We often imagine power as something one can hold, exert, or lose. But Afropessimism demands a more radical understanding: power as ontological relation. To be Black under slavery (and its afterlife) is to be positioned as the anti-human: the object against which the human is measured and maintained. Palestinians in Gaza experience a structurally analogous position: rendered outside the scope of protection, of recognition, of value.

The genocide thus becomes a scene of ontological policing. It is not about the loss of rights but the denial of the capacity to have rights. Humanitarian appeals fail, not because they are ignored, but because they are addressed to a system in which Palestinians were never included. A system where some deaths matter as tragedy and others merely as statistics.

Power, in this reading, is not the tank or the drone. It is the grammar of the world. And powerlessness is not the absence of force, but the condition of being untranslatable within that grammar.

Toward a Poetics of Residual Power

Yet we must tread carefully. To speak of powerlessness risks romanticizing despair, or reducing the lived horror of genocide to a theoretical abstraction. This is where decay studies reorients us. If Afropessimism reveals the totalizing logic of exclusion, decay studies opens space to think about what lingers, what resists disappearance, even when not recognized as resistance.

Decay is slow. It smells. It transforms. And within it, new ecologies form. To say that Palestinians survive is not to offer hope in the traditional sense, but to insist on the obstinacy of life even when stripped of futurity.

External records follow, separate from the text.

-- ===== src/Http/Served.antt =====
-- internal/httpapi/server.go: what is noted of a file that was served, `fileServeResult` and
-- `logDownloadActivity`.
use macftpd.Prelude.{
  ℕ, ◌-◌, ◌/◌, Bool, true, false, ◌&&◌, ◌||◌, not, Option, none, some, [], ◌++◌, if◌then◌else◌, ltb,
  leb, ◌==◌, length, take, drop, ℤ, pos, negsuc, min,
}
use macftpd.Text.{Text, codes, is_empty, trim_space, contains, cut, ◌=ₜ◌, equal_fold}
use macftpd.Activity
use macftpd.Activity.Message.{Event}
use macftpd.Ftp.Ports.{parse_int, print_nat}
use macftpd.Http.Request.{Net, Request, Env, Server, remote_of}

-- `err` is the text of an error, and whether it says that the client has gone (`isClientDisconnect`).
pub record FileServeResult : Type 0 where
  pub status : ℕ
  pub bytes : ℕ
  pub size : ℕ
  pub meth : Text
  pub err : Option (Text × Bool)
  pub range : Text

abbrev pub no_error : Option (Text × Bool) → Bool
no_error none = true
no_error (some e) = false

-- `Success`
unfoldable pub success : FileServeResult → Bool
success r =
    no_error r.err
    && leb 200 r.status
    && ltb r.status 400
    && (ltb 0 r.bytes || (r.meth =ₜ codes "GET" && r.status == 200 && r.size == 0))

abbrev bytes_prefix : Text
bytes_prefix = codes "bytes="

abbrev pub reaches : ℕ → Option ℤ → Bool
reaches size none = false
reaches size (some (negsuc n)) = false
reaches size (some (pos last)) = leb (size - 1) last

abbrev pub is_number : Option ℤ → Bool
is_number none = false
is_number (some n) = true

abbrev pub ends_at_end : ℕ → Option (Text × Text) → Bool
ends_at_end size none = false
ends_at_end size (some (first, last)) =
    not (is_empty (trim_space first))
    && is_number (parse_int (trim_space first))
    && (is_empty (trim_space last) || reaches size (parse_int (trim_space last)))

-- `rangeRunsToEOF`
unfoldable pub range_runs_to_eof : Text → ℕ → Bool
range_runs_to_eof header size =
    let value = trim_space header in
    let spec = trim_space (drop 6 value) in
    if size == 0
    then false
    else if ltb (length value) 6 || not (equal_fold (take 6 value) bytes_prefix)
    then false
    else if is_empty spec || contains b',' spec
    then false
    else ends_at_end size (cut b'-' spec)

abbrev pub minimum_resume : ℕ → ℕ
minimum_resume size = min (if leb 1 (size / 100) then size / 100 else 1) 8388608

-- `RecordableDownload`
unfoldable pub recordable_download : FileServeResult → Bool
unfolding success range_runs_to_eof
recordable_download r =
    if not (success r)
    then false
    else if r.status == 200
    then true
    else if not (r.status == 206) || not (range_runs_to_eof r.range r.size)
    then false
    else leb (minimum_resume r.size) r.bytes

abbrev pub with_range : Text → Text
with_range range = if is_empty range then [] else codes " range=" ++ range

abbrev pub counts : FileServeResult → Text
counts r =
    codes " status="
    ++ print_nat r.status
    ++ codes " bytes="
    ++ print_nat r.bytes
    ++ with_range r.range

abbrev pub with_error : Option (Text × Bool) → Text
with_error none = []
with_error (some (message, gone)) = codes " error=" ++ message

abbrev pub is_gone : Option (Text × Bool) → Bool
is_gone none = false
is_gone (some (message, gone)) = gone

module _ (net : Net) where
  -- the event, as `logDownloadActivity` changes it
  abbrev pub download_event : Request → Text → Text → Text → Text → Text → FileServeResult → Event
  download_event q type actor referrer path detail r = record {
    id = 0;
    time = 0;
    type = type;
    protocol = codes "http";
    actor = actor;
    remote = remote_of net q;
    referrer = referrer;
    action =
        if is_gone r.err || not (no_error r.err) || leb 400 r.status || recordable_download r
        then codes "download"
        else codes "download_probe";
    outcome =
        if is_gone r.err
        then codes "canceled"
        else if not (no_error r.err) || leb 400 r.status
        then codes "failed"
        else [];
    path = path;
    dest_path = [];
    bytes = r.bytes;
    detail =
        detail
        ++ (if is_gone r.err
            then codes " canceled"
            else if not (no_error r.err) || leb 400 r.status
            then codes " failed"
            else [])
        ++ counts r
        ++ with_error r.err;
    message = [];
  }

  -- `logDownloadActivity`
  unfoldable pub log_download_activity :
      Env → Request → Text → Text → Text → Text → Text → FileServeResult → Server → Server
  log_download_activity env q type actor referrer path detail r s = record s {
    activity =
        (Activity.add env.log_written env.now (download_event q type actor referrer path detail r)
          s.activity).0;
  }
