-- ===== src/Http/Links.antt =====
-- internal/httpapi/server.go: `shareLink`, which serves the file of a link to who has its token, and its
-- password or a cookie that stands for it. `look` is what the storage root tells of a path, and `served` how
-- the serving of the file goes.
pub mod Protected
use macftpd.Prelude.{
  ℕ, Bool, true, false, ◌&&◌, ◌||◌, not, Option, none, some, List, [], ◌∷◌, ◌++◌, if◌then◌else◌,
  ◌==◌,
}
use macftpd.Text.{Text, codes, is_empty, has_prefix, trim_prefix, trim, split, ◌=ₜ◌}
use macftpd.Auth.Password.{Crypto}
use macftpd.Ratelimit
use macftpd.Ratelimit.{Limiter}
use macftpd.Share
use macftpd.Share.{PublicLink}
use macftpd.Share.Tokens.{Digest, verify, verify_authorized}
use macftpd.Storage.{Root, resolve_admin}
use macftpd.Storage.Os.{Info}
use macftpd.Http.Sessions.{Signer, share_cookie, verify_share_cookie}
use macftpd.Http.Request.{Net, Request, Env, Server, is_method, client_addr_for_limit}
use macftpd.Http.Served.{FileServeResult, recordable_download, log_download_activity}

pub data Answer : Type 0 where
  not_found gone too_many not_allowed password_form : Answer
  -- to the same path, with the cookie of the link
  redirected : Text → Answer
  -- the page about a folder, and the file at a path in the file system
  shown file : Text → Answer

-- `linkParts`: the identifier and the token
abbrev pub two_parts : List Text → Option (Text × Text)
two_parts (id ∷ token ∷ parts) = if is_empty id || is_empty token then none else some (id, token)
two_parts parts = none

abbrev is_slash : ℕ → Bool
is_slash c = c == b'/'

unfoldable pub link_parts : Text → Text → Option (Text × Text)
link_parts path prefix = two_parts (split b'/' (trim is_slash (trim_prefix path prefix)))

-- what `verifySharePassword` gives
pub data Checked : Type 0 where
  limited : Checked
  checked : Share.Result PublicLink → Checked

module _ (c : Crypto) (d : Digest) (k : Signer) (net : Net) (glob : Text → Text → Option Bool)
    (r : Root) (look : Text → Option Info) (served : FileServeResult) (saved : Bool)
    (env : Env) where
  abbrev pub set_share_limit : Limiter → Server → Server
  set_share_limit l s = record s { share_limit = l }

  abbrev pub counted : Text → Share.Result PublicLink → Limiter → Limiter
  counted key (Share.err Share.denied) l = Ratelimit.fail env.now key l
  counted key (Share.err e) l = l
  counted key (Share.ok link) l = Ratelimit.reset key l

  abbrev pub password_checked :
      Text → Text → Text → Text → Limiter × Bool → Server → Server × Checked
  password_checked key id token password (l, false) s = (set_share_limit l s, limited)
  password_checked key id token password (l, true) s =
      let found = verify c d env.now id token password s.links in
      (set_share_limit (counted key found l) s, checked found)

  -- `verifySharePassword`
  unfoldable pub verify_share_password : Request → Text → Text → Text → Server → Server × Checked
  verify_share_password q id token password s =
      let key = client_addr_for_limit net q ++ codes "|share|" ++ id in
      password_checked key id token password (Ratelimit.allow env.now key s.share_limit) s

  abbrev pub finished : Text → Server → Server
  finished id s = record s {
    links = (Share.finish_download saved env.now id (recordable_download served) s.links).1;
  }

  abbrev pub noted : Request → Text → Server → Server
  noted q clean s =
      log_download_activity net env q (codes "share_download") (codes "share-link") q.referer clean
        (codes "public share download") served s

  -- the file is served while the download is reserved
  abbrev pub reserved :
      Request → Text → Text → Text → Share.Outcome (Unit {0}) → Server → Server × Answer
  reserved q id real clean (Share.err e, links) s = (record s { links = links }, gone)
  reserved q id real clean (Share.ok a, links) s =
      (noted q clean (finished id (record s { links = links })), file real)

  abbrev pub serve_file : Request → Text → Text → Text → Server → Server × Answer
  serve_file q id real clean s =
      if is_method q (codes "GET")
      then reserved q id real clean (Share.reserve_download env.now id s.links) s
      else if is_method q (codes "HEAD")
      then (noted q clean s, file real)
      else (s, not_allowed)

  abbrev pub serve_looked : Request → Text → Text → Text → Option Info → Server → Server × Answer
  serve_looked q id real clean none s = (s, not_found)
  serve_looked q id real clean (some info) s =
      if info.is_dir then (s, shown clean) else serve_file q id real clean s

  abbrev pub serve_resolved : Request → Text → Option (Text × Text) → Server → Server × Answer
  serve_resolved q id none s = (s, not_found)
  serve_resolved q id (some (real, clean)) s = serve_looked q id real clean (look real) s

  -- the link is verified; a password that was given is not asked for again
  abbrev pub serve_link : Request → Text → Text → Server × Checked → Server × Answer
  serve_link q id token (s, limited) = (s, too_many)
  serve_link q id token (s, checked (Share.err Share.denied)) = (s, password_form)
  serve_link q id token (s, checked (Share.err e)) = (s, gone)
  serve_link q id token (s, checked (Share.ok meta)) =
      if meta.has_password && is_method q (codes "POST")
      then (s, redirected (share_cookie k env.now id token))
      else serve_resolved q id (resolve_admin r glob meta.path) s

  abbrev pub check_link : Request → Bool → Bool → Text → Text → Text → Server → Server × Checked
  check_link q true has_password id token password s =
      (s, checked (verify_authorized c d env.now id token s.links))
  check_link q false true id token password s = verify_share_password q id token password s
  check_link q false false id token password s =
      (s, checked (verify c d env.now id token [] s.links))

  abbrev pub with_link : Request → Bool → Text → Text → Text → PublicLink → Server → Server × Answer
  with_link q cookie_authorized id token password meta s =
      if meta.has_password && not (is_method q (codes "POST")) && not cookie_authorized
      then (s, password_form)
      else serve_link q id token
          (check_link q cookie_authorized meta.has_password id token password s)

  abbrev pub with_public :
      Request
      → Option Text
      → Text
      → Text
      → Text
      → Share.Result PublicLink
      → Server
      → Server × Answer
  with_public q cookie id token password (Share.err e) s = (s, not_found)
  with_public q cookie id token password (Share.ok meta) s =
      if not (meta.kind =ₜ codes "download")
      then (s, not_found)
      else with_link q (meta.has_password && verify_share_cookie k env.now cookie id token) id token
          password meta s

  abbrev pub with_parts :
      Request → Option Text → Text → Option (Text × Text) → Server → Server × Answer
  with_parts q cookie password none s = (s, not_found)
  with_parts q cookie password (some (id, token)) s =
      with_public q cookie id token password (Share.public_of id s.links) s

  -- `shareLink`, with the cookie of the link in the request and the password in its form
  unfoldable pub share_link : Request → Option Text → Text → Server → Server × Answer
  share_link q cookie password s =
      let prefix = if has_prefix q.path (codes "/s/") then codes "/s/" else codes "/share/" in
      with_parts q cookie password (link_parts q.path prefix) s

The power of Gaza, if it can be called that, lies in its refusal to vanish. In a world that thrives on disappearance, to remain, even in fragments, is a kind of counter-spell. A refusal to be unspoken.

Echoes in the Rubble

Power and powerlessness are not opposites. They are intertwined, recursive, layered. The genocide in Gaza exposes this knot, as both spectacle and absence. Through Afropessimism, we understand that certain populations are structured outside of humanity itself. Through decay studies, we witness how life decomposes, but also how it decomposes into something else: a grammar of pain, a mouldy lullaby, an echoing scream that persists beneath the rubble.

Perhaps the question is not who holds power, but whether genocidal erasure will become fertilizer for the next regime of forgetting? We live in the ruins of a world that has already decided who matters. But sometimes, ruins whisper. This is their power.